馬は背《せな》、腹の皮を弛《ゆる》めて汗もしとどに流れんばかり、突張《つッぱ》った脚もなよなよとして身震《みぶるい》をしたが、鼻面《はなづら》を地につけて一掴《ひとつかみ》の白泡《しろあわ》を吹出《ふきだ》したと思うと前足を折ろうとする。

その時、頤《あぎと》の下へ手をかけて、片手で持っていた単衣をふわりと投げて馬の目を蔽《おお》うが否や、兎《うさぎ》は躍《おど》って、仰向《あおむ》けざまに身を翻《ひるがえ》し、妖気《ようき》を籠《こ》めて朦朧《もうろう》とした月あかりに、前足の間に膚《はだ》が挟《はさま》ったと思うと、衣《きぬ》を脱して掻取《かいと》りながら下腹をつと潜《くぐ》って横に抜けて出た。

親仁《おやじ》は差心得《さしこころえ》たものと見える、この機《きっ》かけに手綱《たづな》を引いたから、馬はすたすたと健脚《けんきゃく》を山路《やまじ》に上げた、しゃん、しゃん、しゃん、しゃんしゃん、しゃんしゃん、――見る間《ま》に眼界を遠ざかる。

婦人《おんな》は早や衣服《きもの》を引《ひっ》かけて縁側《えんがわ》へ入って来て、突然《いきなり》帯を取ろうとすると、白痴《ばか》は惜《お》しそうに押えて放さず、手を上げて、婦人《おんな》の胸を圧《おさ》えようとした。

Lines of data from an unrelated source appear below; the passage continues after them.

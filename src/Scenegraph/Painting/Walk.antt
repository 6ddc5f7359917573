-- ===== src/Scenegraph/Painting/Walk.antt =====
-- The walk over a graph that stands for the traversal, and its effect on the matrices and the paint.
use mathlib.Core.Path.{subst}
use fhmuenster.Base.{
  ℕ, zero, suc, ◌≡◌, refl, sym, ◌∙◌, ap, Option, none, some, List, [], ◌∷◌, get_elem?, set, map,
}
use fhmuenster.Platform.{Platform}
use fhmuenster.WebGl.{Gl, ◌▷◌, uniform_matrix4, uniform_matrix3, model_view_matrix, normal_matrix}
use fhmuenster.WebGl.Paint.{Effect, effect, effect-get_instance}
use fhmuenster.WebGlStart.{get_instance}
use fhmuenster.SgNode.{Kind, Node, Scene, draw_kind, update_light}
use fhmuenster.Scenegraph.{Result, ok, ◌>>=◌, or_throw, show, draw_children, put_back}
use fhmuenster.Scenegraph.Recursion.{draw_below}
use fhmuenster.Scenegraph.Depth.{map-set_eq, get_elem?-map}
use fhmuenster.Scenegraph.Holds.{Holds, bind-Holds, or_throw-Holds}
use fhmuenster.Scenegraph.Painting.{
  Tag, tag, step, next, meet, advance, Paints, draw_kind-Paints, update_light-tag,
}

-- What a walk sees of a node.
pub record Sight (p : Platform) : Type 0 where
  pub children : List ℕ
  pub tag : Tag p
  pub trafo : p.Mat4

-- The nodes, and the paint with that of the draw calls.
abbrev pub Stage : Platform → Type 0
Stage p = List (Sight p) × Effect p

module _ {p : Platform} where
  abbrev pub sight : Node p → Sight p
  sight n = record { children = n.children; tag = tag n.kind; trafo = n.trafo }

  abbrev pub sights : Scene p → List (Sight p)
  sights s = map sight s.nodes

  abbrev pub stage : Scene p → Stage p
  stage s = (sights s, effect s.gl)

  -- The model-view matrix is set, with its normal matrix.
  abbrev pub at : p.Mat4 → Effect p → Effect p
  at world e = record e {
    now = record (e.now) { place = some world; normal = p.normal_from_mat4 world };
  }

  -- The node itself: it draws with the matrix `world`, and its own state goes on.
  abbrev pub drawn_at : p.R → (world : p.Mat4) (id : ℕ) → Sight p → Stage p → Stage p
  drawn_at days world id n (sees, e) =
      let t = meet world n.tag in
      (
        set sees id (record n { tag = next e.size t; trafo = advance days t n.trafo }),
        step t (at world e),
      )

  abbrev pub walk_all : (ℕ → Stage p → Stage p) → List ℕ → Stage p → Stage p
  walk_all walk [] st = st
  walk_all walk (c ∷ cs) st = walk_all walk cs (walk c st)

  abbrev pub visit :
      p.R → (p.Mat4 → ℕ → Stage p → Stage p) → p.Mat4 → ℕ → Option (Sight p) → Stage p → Stage p
  visit days walk parent id none st = st
  visit days walk parent id (some n) st =
      let world = p.multiply parent n.trafo in
      walk_all (walk world) n.children (drawn_at days world id n st)

  -- The node itself, then its children in order, under its matrix in the world.
  abbrev pub walk : p.R → (fuel : ℕ) → p.Mat4 → ℕ → Stage p → Stage p
  walk days zero parent id st = st
  walk days (suc fuel) parent id st = visit days (walk days fuel) parent id (get_elem? st.0 id) st

  -- A step at a node that is there.
  abbrev Shown : p.R → p.Mat4 → ℕ → Node p → Stage p → Node p × Scene p → Type 0
  Shown days world id n st r =
      ((r.0).children ≡ n.children) × (stage r.1 ≡ drawn_at days world id (sight n) st)

  show-Shown :
      (days : p.R) (world : p.Mat4) (id : ℕ) (n : Node p) (s : Scene p)
      → Holds (Shown days world id n (stage s)) (show days world id n s)
  unfolding show
  show-Shown days world id n s =
      or_throw-Holds (Shown days world id n (stage s)) (p.normal_from_mat4 world) _
        λ normal upright.
          let g =
            s.gl ▷ uniform_matrix4 model_view_matrix world ▷ uniform_matrix3 normal_matrix normal in
          let drawn = draw_kind days (update_light world n.kind) n.trafo g in
          let t = meet world (tag n.kind) in
          let seen : effect g ≡ at world (effect s.gl) =
            ap
              (λ o.
                let e = effect s.gl in
                record e { now = record (e.now) { place = some world; normal = o } })
              (sym upright) in
          put drawn (
            subst (λ e. Paints t (advance days t n.trafo) e drawn) seen
              (subst (λ t. Paints t (advance days t n.trafo) (effect g) drawn)
                (update_light-tag world n.kind)
                (draw_kind-Paints days (update_light world n.kind) n.trafo g)))
    where
      put :
          (drawn : Option (Kind p × p.Mat4 × Gl p))
          → let t = meet world (tag n.kind) in
            Paints t (advance days t n.trafo) (at world (effect s.gl)) drawn
            → Holds
                (Shown days world id n (stage s))
                (or_throw drawn >>= λ d. ok (put_back id n s d))
      put none h = tt
      put (some (k, t, g)) (e, same, turned) =
          let at_id =
            ap
              (λ (x : Tag p × p.Mat4).
                set (sights s) id (record { children = n.children; tag = x.0; trafo = x.1 }))
              (λ i. (same i, turned i)) in
          (refl, λ i. ((map-set_eq sight s.nodes id _ ∙ at_id) i, e i))

  module _ (days : p.R) where
    -- A drawing of a node that paints as a walk does.
    abbrev EachPaints : (ℕ → Scene p → Result (Scene p)) → (ℕ → Stage p → Stage p) → Type 0
    EachPaints draw walk =
        (id : ℕ) (s : Scene p) → Holds (λ s'. stage s' ≡ walk id (stage s)) (draw id s)

    draw_children-Painted :
        (draw : ℕ → Scene p → Result (Scene p)) (walk : ℕ → Stage p → Stage p)
        → EachPaints draw walk
        → (ids : List ℕ) (s : Scene p) (st : Stage p) → stage s ≡ st
        → Holds (λ s'. stage s' ≡ walk_all walk ids st) (draw_children draw ids s)
    unfolding draw_children
    draw_children-Painted draw walk each [] s st h = h
    draw_children-Painted draw walk each (id ∷ ids) s st h =
        bind-Holds (λ s'. stage s' ≡ walk id (stage s))
          (λ s'. stage s' ≡ walk_all walk (id ∷ ids) st) (draw id s) _ (each id s)
          λ s' h'. draw_children-Painted draw walk each ids s' (walk id st) (h' ∙ ap (walk id) h)

    -- A recursion that returns has painted as the walk says.
    pub draw_below-Painted :
        (fuel : ℕ) (parent : p.Mat4)
        → EachPaints (draw_below days fuel parent) (walk days fuel parent)
    unfolding draw_below
    draw_below-Painted zero parent id s = tt
    draw_below-Painted (suc fuel) parent id s =
        let Final : Scene p → Type 0 = λ s'. stage s' ≡ walk days (suc fuel) parent id (stage s) in
        or_throw-Holds Final (get_elem? s.nodes id) _ λ n found.
          let s1 : Scene p = record s { gl = get_instance s.gl } in
          let world = p.multiply parent n.trafo in
          let st = drawn_at days world id (sight n) (stage s) in
          let below = draw_below days fuel world in
          bind-Holds (Shown days world id n (stage s1)) Final (show days world id n s1) _
            (show-Shown days world id n s1)
            λ shown (children, painted).
              subst
                (λ st'.
                  Holds (λ s'. stage s' ≡ st') (draw_children below (shown.0).children shown.1))
                (ap (λ cs. walk_all (walk days fuel world) cs st) children
                  ∙ sym (
                      ap (λ o. visit days (walk days fuel) parent id o (stage s))
                        (get_elem?-map sight s.nodes id found)))
                (draw_children-Painted below (walk days fuel world) (draw_below-Painted fuel world)
                  (shown.0).children shown.1 st
                  (painted
                    ∙ ap (λ e. drawn_at days world id (sight n) (sights s, e))
                        (effect-get_instance s.gl)))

邪慳《じゃけん》に払い退《の》けて、きっと睨《にら》んで見せると、そのままがっくりと頭《こうべ》を垂れた、すべての光景は行燈《あんどう》の火も幽《かすか》に幻《まぼろし》のように見えたが、炉にくべた柴《しば》がひらひらと炎先《ほさき》を立てたので、婦人《おんな》はつと走って入る。空の月のうらを行くと思うあたり遥《はるか》に馬子歌《まごうた》が聞えたて。」

「さて、それからご飯の時じゃ、膳《ぜん》には山家《やまが》の香《こう》の物、生姜《はじかみ》の漬《つ》けたのと、わかめを茹《う》でたの、塩漬の名も知らぬ蕈《きのこ》の味噌汁《みそしる》、いやなかなか人参《にんじん》と干瓢《かんぴょう》どころではござらぬ。

品物は侘《わび》しいが、なかなかのお手料理、餓《う》えてはいるし、冥加至極《みょうがしごく》なお給仕、盆を膝に構えてその上に肱《ひじ》をついて、頬《ほお》を支えながら、嬉《うれ》しそうに見ていたわ。

縁側に居た白痴《ばか》は誰《たれ》も取合《とりあわ》ぬ徒然《つれづれ》に堪《た》えられなくなったものか、ぐたぐたと膝行出《いざりだ》して、婦人《おんな》の傍《そば》へその便々《べんべん》たる腹を持って来たが、崩《くず》れたように胡坐《あぐら》して、しきりにこう我が膳を視《なが》めて、指《ゆびさし》をした。